As can be seen from the figure, during the process of the system’s operating state changing, all components can successfully re-enter the steady state and operate stably according to the set program. This process fully verified the effectiveness of the energy management strategy.

5. Conclusions

This paper first establishes a 200 kW dual DC bus series hybrid power system, including the TSE system, power battery system, electric propulsion system and coordinated control system, conducts a simulation analysis on this aviation hybrid power system, and draws the following conclusions:

(1) Under steady cruising conditions with a 105 kW motor output, the system maintains stable operation with minimal parameter deviations.

(2) When the load power fluctuates, the power battery can quickly track the corresponding load changes.

(3) During load variations, the TSE system’s rotational speed exhibits minimal fluctuations, with simulation curves showing stable behavior.

(4) This system has good stability and performs well and in a controlled manner under disturbed conditions.

In this study, both simulation and physical experiments were conducted on the 200 kW hybrid system under load conditions of 35 kW, 55 kW, and 80 kW, respectively. The experimental results are illustrated in Figure 17. Specifically:

• Figure 17a shows the comparison between simulation and physical test results of the engine’s gas turbine rotational speed;
• Figure 17b presents the comparison of the engine’s power turbine rotational speed between simulation and physical test;
• Figure 17c displays the comparison of the high-speed generator output power between simulation and physical test;
• Figure 17d illustrates the comparison of the engine’s gas turbine rotational speed between simulation and physical test;
• Figure 17e shows the comparison of the power battery output power between simulation and physical test;
• Figure 17f presents the comparison of the electric motor output power between simulation and physical test.

With the physical test results as the reference, the errors between simulation and physical experiments were calculated. The specific error values are detailed in

Table 9. Error table for simulation vs physical test comparisons.

Parameter	35 kW	55 kW	80 kW
Gas Turbine Speed Error	−3.63%	−7.33%	−7.32%
Power Turbine Speed Error	−0.21%	0.84%	0.16%
Power Turbine Exit Temperature Error	5.89%	5.81%	4.53%
High-speed Generator Power Error	5.72%	−0.19%	−1.37%
Power Battery Power Error	−6.50%	2.22%	4.41%
Electric Motor Power Error	2.01%	−0.47%	−0.48%

. As shown in the table, for the 200 kW hybrid power system developed in this study, the maximum error of all key parameters between the simulation and physical tests does not exceed 8%. The results indicate that the constructed simulation model demonstrates high fidelity with the physical tests, and all deviations fall well within the acceptable engineering thresholds, thereby validating the high-precision performance of the model in system analysis.

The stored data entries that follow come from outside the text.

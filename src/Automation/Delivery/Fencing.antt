-- ===== src/Automation/Delivery/Fencing.antt =====
-- Leases and the commits of a delivery, however the workers interleave
-- (internal/automation/dispatcher.go).
use delmos.Base.{
  ℕ, ◌+◌, ◌≤◌, ◌<◌, ◌≡◌, inl, inr, refl, arith, String, true, false, Option, none, some, List, [],
  ◌∷◌, ◌==◌, if◌then◌else◌, Bool-cases, Option-cases,
}
use delmos.Automation.Outbox.{Status, pending, leased, delivered, dead_letter, Delivery}
use delmos.Automation.Delivery.{claim, held, has_token, acknowledge, fail_row, mark_failed}
use delmos.Automation.Delivery.Rows.{
  row, UniqueIds, Claimed, row-claim, row-mark_failed, row-acknowledge, claim-UniqueIds,
  mark_failed-UniqueIds, acknowledge-UniqueIds, acknowledge-hit, row-id,
}

-- The row of the id exists and holds the token.
abbrev pub HoldsLease : ℕ → ℕ → List Delivery → Type 0
HoldsLease id token ds =
    (d : Delivery) × (row id ds ≡ some d) × (has_token token d.lease_token ≡ true)

-- What the workers may do to the table, in any order; each is one transaction. The number is the
-- commits of delivery `k`.
pub data Runs (k : ℕ) (start : List Delivery) : ℕ → List Delivery → Type 0 where
  begin : Runs k start 0 start
  claims :
      {n : ℕ} {ds : List Delivery} (token now until limit : ℕ)
      → Runs k start n ds
      → Runs k start n (claim token now until limit ds).0
  commits :
      {n m : ℕ} {ds : List Delivery} (now id token : ℕ)
      → Runs k start n ds
      → (acknowledge now id token ds).1 ≡ true
      → m ≡ (if id == k then n + 1 else n)
      → Runs k start m (acknowledge now id token ds).0
  fails :
      {n : ℕ} {ds : List Delivery} (id token : ℕ) (reason : String)
      → Runs k start n ds
      → HoldsLease id token ds
      → Runs k start n (mark_failed id reason ds)

-- A delivered row without a token can no longer be committed: 0 commits are left, else 1.
abbrev pub left_of : Status → Option ℕ → ℕ
left_of delivered none = 0
left_of _ _ = 1

abbrev pub commits_left : Option Delivery → ℕ
commits_left none = 1
commits_left (some d) = left_of d.status d.lease_token

left_of-le : (s : Status) (t : Option ℕ) → left_of s t ≤ 1
left_of-le delivered none = omega arith
left_of-le delivered (some t) = omega arith
left_of-le pending t = omega arith
left_of-le leased t = omega arith
left_of-le dead_letter t = omega arith

commits_left-le : (r : Option Delivery) → commits_left r ≤ 1
commits_left-le none = omega arith
commits_left-le (some d) = left_of-le d.status d.lease_token

commits_left-Claimed :
    (token now until : ℕ) (r s : Option Delivery)
    → Claimed token now until r s
    → commits_left s ≤ commits_left r
commits_left-Claimed token now until none s h = rw h (omega arith)
commits_left-Claimed token now until (some d) s (inl same) = rw same (omega arith)
commits_left-Claimed token now until (some d) s (inr (open_row, e)) = rw e (ground arith)

left_of-held : (s : Status) (t : Option ℕ) (token : ℕ) → has_token token t ≡ true → left_of s t ≡ 1
left_of-held s none token h = absurd (cc)
left_of-held pending (some t) token h = refl
left_of-held leased (some t) token h = refl
left_of-held delivered (some t) token h = refl
left_of-held dead_letter (some t) token h = refl

-- Acknowledging another row leaves the row of `k` as it is.
row-acknowledge_ne :
    (now id token k : ℕ) (ds : List Delivery)
    → (id == k) ≡ false
    → row k (acknowledge now id token ds).0 ≡ row k ds
row-acknowledge_ne now id token k ds ne = rw row-acknowledge (elim (Option-cases (row k ds)) [
  | inl e ↦ rw e
  | inr (d, e) ↦
      let it = row-id k ds d e in
      let other : held id token d ≡ false = ground arith in rw e (rw other)
])

commits_left-acknowledge :
    (now id token k : ℕ) (ds : List Delivery)
    → UniqueIds ds
    → (acknowledge now id token ds).1 ≡ true
    → (if id == k then 1 else 0) + commits_left (row k (acknowledge now id token ds).0)
      ≤ commits_left (row k ds)
commits_left-acknowledge now id token k ds u hit = elim (Bool-cases (id == k)) [
  | inr other ↦ rw (other, row-acknowledge_ne now id token k ds other) (omega arith)
  | inl same ↦
      let (d, found, holds) = acknowledge-hit now id token ds u hit in
      let here : id ≡ k = ground arith in
      let token_held : has_token token d.lease_token ≡ true = ground arith in
      rw (same, row-acknowledge now id token k ds, ← here, found)
        (rw (holds, left_of-held d.status d.lease_token token token_held) (omega arith))
]

commits_left-mark_failed :
    (id token k : ℕ) (reason : String) (ds : List Delivery)
    → HoldsLease id token ds
    → commits_left (row k (mark_failed id reason ds)) ≤ commits_left (row k ds)
commits_left-mark_failed id token k reason ds (d, found, holds) = elim (Bool-cases (id == k)) [
  | inr other ↦ rw (row-mark_failed id k reason ds, other) (omega arith)
  | inl same ↦
      let here : id ≡ k = ground arith in
      let before = left_of-held d.status d.lease_token token holds in
      let after = left_of-le (fail_row reason d).status none in
      rw (row-mark_failed id k reason ds, same, ← here, found) (omega (arith, before, after))
]

-- The rows stay unique, and the commits made and left are at most those left at the start.
Runs-invariant :
    (k : ℕ) (start : List Delivery) {n : ℕ} {ds : List Delivery}
    → UniqueIds start
    → Runs k start n ds
    → UniqueIds ds × (n + commits_left (row k ds) ≤ commits_left (row k start))
Runs-invariant k start u begin = (u, omega arith)
Runs-invariant k start u (claims {ds = ds} token now until limit r) =
    let (unique, bound) = Runs-invariant k start u r in
    (
      claim-UniqueIds token now until limit ds unique,
      omega (
        arith,
        commits_left-Claimed token now until (row k ds) _ (row-claim token now until limit k ds),
      ),
    )
Runs-invariant k start u (commits {ds = ds} now id token r hit count) =
    let (unique, bound) = Runs-invariant k start u r in
    (
      acknowledge-UniqueIds now id token ds unique,
      ground (arith, commits_left-acknowledge now id token k ds unique hit),
    )
Runs-invariant k start u (fails {ds = ds} id token reason r holds) =
    let (unique, bound) = Runs-invariant k start u r in
    (
      mark_failed-UniqueIds id reason ds unique,
      omega (arith, commits_left-mark_failed id token k reason ds holds),
    )

-- However the transactions of the workers interleave, each delivery is committed at most once, if
-- every failure is reported by the holder of the lease.
pub Runs-commits_once :
    (k : ℕ) (start : List Delivery) {n : ℕ} {ds : List Delivery}
    → UniqueIds start
    → Runs k start n ds
    → n ≤ 1
Runs-commits_once k start u r =
    omega (arith, (Runs-invariant k start u r).1, commits_left-le (row k start))

-- Under the same condition a delivery that stands as delivered, with no token, is never committed
-- again.
pub Runs-delivered_final :
    (k : ℕ) (start : List Delivery) {n : ℕ} {ds : List Delivery} (d : Delivery)
    → UniqueIds start
    → row k start ≡ some d
    → d.status ≡ delivered
    → d.lease_token ≡ none
    → Runs k start n ds
    → n ≡ 0
Runs-delivered_final k start d u e s t r =
    let spent : commits_left (row k start) ≡ 0 = rw e (rw (s, t)) in
    omega (arith, (Runs-invariant k start u r).1, spent)

-- `markFailed` does not look at the token, so the report of a worker that has lost its lease takes
-- a delivered row back to the queue: every delivered row with attempts left can then be claimed and
-- committed a second time.
pub mark_failed-reopens :
    (now token until : ℕ) (reason : String) (d : Delivery)
    → d.status ≡ delivered
    → d.delivery_attempts < d.max_attempts
    → (acknowledge now d.id token (claim token now until 1 (mark_failed d.id reason (d ∷ []))).0).1
      ≡ true
unfolding claim mark_failed acknowledge
mark_failed-reopens now token until reason d s room = ground arith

Finally, in this paper, through the established 200 kW hybrid ground test platform, the energy management strategy with the smoothness of the SOC of the energy storage battery as the coordination index was experimentally verified. The experimental results show that when the battery SOC drops below 30%, the system can rapidly adjust the output power of the TSE system and the battery system autonomously, restoring the battery SOC to above 30%. During this process, all components can quickly re-enter the steady state, with the system response time not exceeding 5 s and the voltage ripple within 2 V, thus proving the effectiveness of this energy management strategy.

Future work aims to successfully apply this hybrid power system to actual low-altitude aircraft to provide power for them. In addition, advances in processor computing power, coupled with the integration of intelligent algorithms, will progressively enhance the system’s stability and robustness in aviation applications.